We propose world-language-action (WLA) models as a new class of embodied foundation models. WLA takes textual instructions, images, and robot states as inputs to jointly predict textual subtasks, subgoal images, and robot actions, conjoining the *world modeling interface* to learn from extensive egocentric videos as in the world-action model (WAM) and the *language reasoning* capacities to solve complex long-horizon tasks as in vision-language-action (VLA) models. At the core of WLA lies an *autoregressive (AR) Transformer backbone*, instead of a bidirectional diffusion Transformer as in WAMs, to predict the *next state*, comprising the *semantic-level* textual intention and complementary *fine-grained* physical dynamics. The physical dynamics are supervised by the world modeling objective based on a dedicated World Expert, and are leveraged to ease the characterization of the state-action correlation for the Action Expert. WLA leverages meta-queries to make the world prediction *implicitly* impact the action generation so that the former can be disabled during inference. The world prediction can also be activated to enable test-time scaling for improved robot control. Our WLA-0 prototype, with 2B active parameters, achieves 40 ms per inference on an NVIDIA RTX 5090. Evaluations across simulated and real-world environments demonstrate that WLA-0 achieves state-of-the-art multi-task and long-horizon learning abilities, e.g., 92.94% success rate on RoboTwin2.0 Clean and 56.5% success rate on RMBench. WLA-0 also holds the promise to learn novel tasks directly from *cross-embodiment robot videos* without action annotations.

Key Contributions

- Unified WLA Architecture: Jointly predicts textual subtasks, subgoal images, and robot actions in a single model, combining world modeling + language reasoning + action synthesis.

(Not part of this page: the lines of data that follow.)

-- ===== src/Chan/Waking.antt =====
-- Whom the loops of mt_chan_wake_closed_waiters wake in the plain queues.
use mathlib.Core.Path.{subst}
use mathlib.Core.Option.{some-injective}
use native.Mathlib.Decide.{ℕ_discrete}
use microthread.Base.{
  ℕ, zero, suc, ◌≡◌, ◌⊎◌, inl, inr, refl, sym, ap, ◌∙◌, true, some, List, [], ◌∷◌, arith, has,
  length, eq→==, ne→==, Option-cases,
}
use microthread.State.{Code, Chan, Runtime}
use microthread.Queue.Fifo
use microthread.Transitions.{set_chan, complete_channel_wait}
use microthread.SelectWait.{complete_waiter}
use microthread.Chan.{pop_select_send, pop_select_recv}
use microthread.Chan.Frame.{chan-complete_channel_wait, complete_waiter-Shrunk}
use microthread.Chan.Woken.{IsWoken, complete-IsWoken, complete-keeps, waiter-keeps}
use microthread.Chan.Drain.{wake_lem}
use microthread.Chan.Ops.{
  drain, drain_all, end_send, end_recv, end_select_send, end_select_recv, wake_closed_waiters,
}

-- A loop keeps what each of its rounds keeps.
drain-keeps :
    (queue : Chan → List ℕ) (end_one : Runtime → ℕ → ℕ → Runtime) (c : ℕ) (P : Runtime → Type 0)
    → ((rt : Runtime) (x : ℕ) → Fifo.first (queue (rt.chan c)) ≡ some x → P rt → P (end_one rt c x))
    → (k : ℕ) (rt : Runtime) → P rt
    → P (drain queue end_one k rt c)
unfolding drain
drain-keeps queue end_one c P keeps zero rt h = h
drain-keeps queue end_one c P keeps (suc k) rt h =
    elim (Option-cases (Fifo.first (queue (rt.chan c)))) [
      | inl e ↦ rw (e, drain) h
      | inr (x, e) ↦
          rw (e, drain) (drain-keeps queue end_one c P keeps k (end_one rt c x) (keeps rt x e h))
    ]

pub all-keep :
    (c : ℕ) (P : Runtime → Type 0)
    → ((rt : Runtime) (x : ℕ) → Fifo.first (rt.chan c).send ≡ some x → P rt → P (end_send rt c x))
    → ((rt : Runtime) (x : ℕ) → Fifo.first (rt.chan c).recv ≡ some x → P rt → P (end_recv rt c x))
    → ((rt : Runtime) (x : ℕ)
        → Fifo.first (rt.chan c).select_send ≡ some x
        → P rt
        → P (end_select_send rt c x))
    → ((rt : Runtime) (x : ℕ)
        → Fifo.first (rt.chan c).select_recv ≡ some x
        → P rt
        → P (end_select_recv rt c x))
    → (rt : Runtime) → P rt
    → P (wake_closed_waiters rt c)
unfolding wake_closed_waiters
all-keep c P ks kr kss ksr rt h =
    let a = drain_all (λ ch. ch.send) end_send rt c in
    let b = drain_all (λ ch. ch.recv) end_recv a c in
    let d = drain_all (λ ch. ch.select_send) end_select_send b c in
    drain-keeps (λ ch. ch.select_recv) end_select_recv c P ksr (length (d.chan c).select_recv) d
      (drain-keeps (λ ch. ch.select_send) end_select_send c P kss (length (b.chan c).select_send) b
        (drain-keeps (λ ch. ch.recv) end_recv c P kr (length (a.chan c).recv) a
          (drain-keeps (λ ch. ch.send) end_send c P ks (length (rt.chan c).send) rt h)))

-- a member of a queue is its first, or stays in the rest
pub rest_or_first :
    (x u : ℕ) (xs : List ℕ)
    → Fifo.first xs ≡ some x
    → has u xs ≡ true
    → (x ≡ u) ⊎ (has u (Fifo.rest xs) ≡ true)
rest_or_first x u [] e h = absurd cc
rest_or_first x u (y ∷ ys) e h = elim (ℕ_discrete y u) [
  | yes i ↦ inl (sym (some-injective y x e) ∙ i)
  | no n ↦ inr (rw (ne→== y u n) at h)
]

-- A task that waits in a plain queue of the channel, or has been woken.
Waits : ℕ → ℕ → Runtime → Type 0
Waits c u rt =
    (has u (rt.chan c).send ≡ true) ⊎ (has u (rt.chan c).recv ≡ true) ⊎ IsWoken Code.err_closed rt u

-- a round of one of the first two loops
channel_wait-Waits :
    (rt : Runtime) (c t u : ℕ) (x : Chan)
    → (t ≡ u) ⊎ (has u x.send ≡ true) ⊎ (has u x.recv ≡ true) ⊎ IsWoken Code.err_closed rt u
    → Waits c u (complete_channel_wait (set_chan rt c x) t Code.err_closed)
unfolding Waits
channel_wait-Waits rt c t u x h =
    let popped = set_chan rt c x in
    let after = complete_channel_wait popped t Code.err_closed in
    let at : after.chan c ≡ x =
      ap (λ (f : ℕ → Chan). f c) (chan-complete_channel_wait popped t Code.err_closed)
      ∙ rw (eq→== c c refl) refl in
    elim h [
      | inl i ↦ inr (
          inr (subst (IsWoken Code.err_closed after) i (complete-IsWoken popped t Code.err_closed)))
      | inr (inl y) ↦ inl (subst (λ (z : Chan). has u z.send ≡ true) (sym at) y)
      | inr (inr (inl y)) ↦ inr (inl (subst (λ (z : Chan). has u z.recv ≡ true) (sym at) y))
      | inr (inr (inr y)) ↦ inr (
          inr (
            complete-keeps popped t u Code.err_closed
              (record { state = y.state; chan_result = y.chan_result; queued = y.queued })))
    ]

end_send-Waits :
    (c u : ℕ) (rt : Runtime) (x : ℕ)
    → Fifo.first (rt.chan c).send ≡ some x
    → Waits c u rt
    → Waits c u (end_send rt c x)
unfolding Waits
end_send-Waits c u rt x e h =
    channel_wait-Waits rt c x u (record (rt.chan c) { send = Fifo.rest (rt.chan c).send })
      (elim h [
        | inl y ↦ elim (rest_or_first x u (rt.chan c).send e y) [
          | inl i ↦ inl i
          | inr r ↦ inr (inl r)
        ]
        | inr rest ↦ inr (inr rest)
      ])

end_recv-Waits :
    (c u : ℕ) (rt : Runtime) (x : ℕ)
    → Fifo.first (rt.chan c).recv ≡ some x
    → Waits c u rt
    → Waits c u (end_recv rt c x)
unfolding Waits
end_recv-Waits c u rt x e h =
    channel_wait-Waits rt c x u (record (rt.chan c) { recv = Fifo.rest (rt.chan c).recv })
      (elim h [
        | inl y ↦ inr (inl y)
        | inr (inl y) ↦ elim (rest_or_first x u (rt.chan c).recv e y) [
          | inl i ↦ inl i
          | inr r ↦ inr (inr (inl r))
        ]
        | inr (inr y) ↦ inr (inr (inr y))
      ])

-- a round of one of the last two
select-Waits :
    (rt popped : Runtime) (c u w : ℕ)
    → (popped.chan c).send ≡ (rt.chan c).send
    → (popped.chan c).recv ≡ (rt.chan c).recv
    → popped.task ≡ rt.task
    → popped.runq ≡ rt.runq
    → Waits c u rt
    → Waits c u (complete_waiter popped w Code.err_closed)
unfolding Waits
select-Waits rt popped c u w es er et eq h =
    let s = complete_waiter-Shrunk popped w Code.err_closed c in
    elim h [
      | inl y ↦ inl (subst (λ xs. has u xs ≡ true) (sym (s.send ∙ es)) y)
      | inr (inl y) ↦ inr (inl (subst (λ xs. has u xs ≡ true) (sym (s.recv ∙ er)) y))
      | inr (inr y) ↦ inr (
          inr (waiter-keeps popped w u Code.err_closed Code.err_closed (ground (arith, y, et, eq))))
    ]

pub no_member : (u : ℕ) (xs : List ℕ) → length xs ≡ 0 → has u xs ≡ true → ⊥
no_member u [] e h = cc
no_member u (x ∷ xs) e h = omega arith

-- Who waits in a plain queue of the channel is woken with the code of a closed channel.
pub wake-IsWoken :
    (rt : Runtime) (c u : ℕ)
    → (has u (rt.chan c).send ≡ true) ⊎ (has u (rt.chan c).recv ≡ true)
    → IsWoken Code.err_closed (wake_closed_waiters rt c) u
unfolding Waits
wake-IsWoken rt c u h =
    let (_, idle) = wake_lem rt c in
    elim (all-keep c (Waits c u) (end_send-Waits c u) (end_recv-Waits c u)
      (λ r x e k.
        select-Waits r (pop_select_send r c x) c u x (rw (eq→== c c refl) refl)
          (rw (eq→== c c refl) refl) refl refl k)
      (λ r x e k.
        select-Waits r (pop_select_recv r c x) c u x (rw (eq→== c c refl) refl)
          (rw (eq→== c c refl) refl) refl refl k)
      rt (begin h)) [
        | inl y ↦ absurd (no_member u _ idle.send y)
        | inr (inl y) ↦ absurd (no_member u _ idle.recv y)
        | inr (inr y) ↦ y
      ]
  where
    begin : (has u (rt.chan c).send ≡ true) ⊎ (has u (rt.chan c).recv ≡ true) → Waits c u rt
    begin (inl y) = inl y
    begin (inr y) = inr (inl y)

  • Autoregressive Transformer Backbone: Uses AR instead of diffusion for predicting next state (both semantic intention and physical dynamics), enabling test-time scaling.
  • World Expert + Action Expert: Separate experts supervised by world modeling objective; physical dynamics help characterize state-action correlation.
  • Meta-Query Mechanism: World prediction implicitly impacts action generation but can be disabled at inference for efficiency.
  • Cross-Embodiment Learning: Can learn novel tasks from robot videos without action annotations.

    Method Details

    Architecture:

  • Backbone: Autoregressive Transformer (not diffusion-based like WAMs)
  • Inputs: Textual instructions, images, robot states
  • Outputs: Textual subtasks, subgoal images, robot actions
  • Dual Expert Design:
  • - World Expert: Supervises physical dynamics prediction via world modeling objective - Action Expert: Uses physical dynamics to ease state-action correlation learning
  • Meta-queries: Enable/disable world prediction impact on actions at runtime

    Scaling: Test-time scaling via activated world prediction for improved control.

    Key Results

    | Metric | Value | |--------|-------| | Model Size | 2B active parameters | | Inference Speed | 40 ms per step (RTX 5090) | | RoboTwin2.0 Clean Success Rate | 92.94% | | RMBench Success Rate | 56.5% |

    WLA-0 demonstrates state-of-the-art multi-task and long-horizon learning abilities across simulated and real-world environments.

    Limitations and Future Work

    The model achieves 56.5% on RMBench (long-horizon tasks), indicating room for improvement on complex multi-step reasoning. Future work could explore larger WLA variants and longer-horizon test-time scaling. The cross-embodiment capability is promising but needs further validation across more diverse robot morphologies.

    Relevance to Patrick's Research

    WLA is directly relevant as it proposes a unified world model architecture that combines world modeling with language reasoning and action synthesis. The explicit use of a "World Expert" and "Action Expert" with distinct supervision objectives provides a template for modular world model design. The meta-query mechanism for test-time control of world prediction involvement is an interesting approach to balancing imagination and reactive control.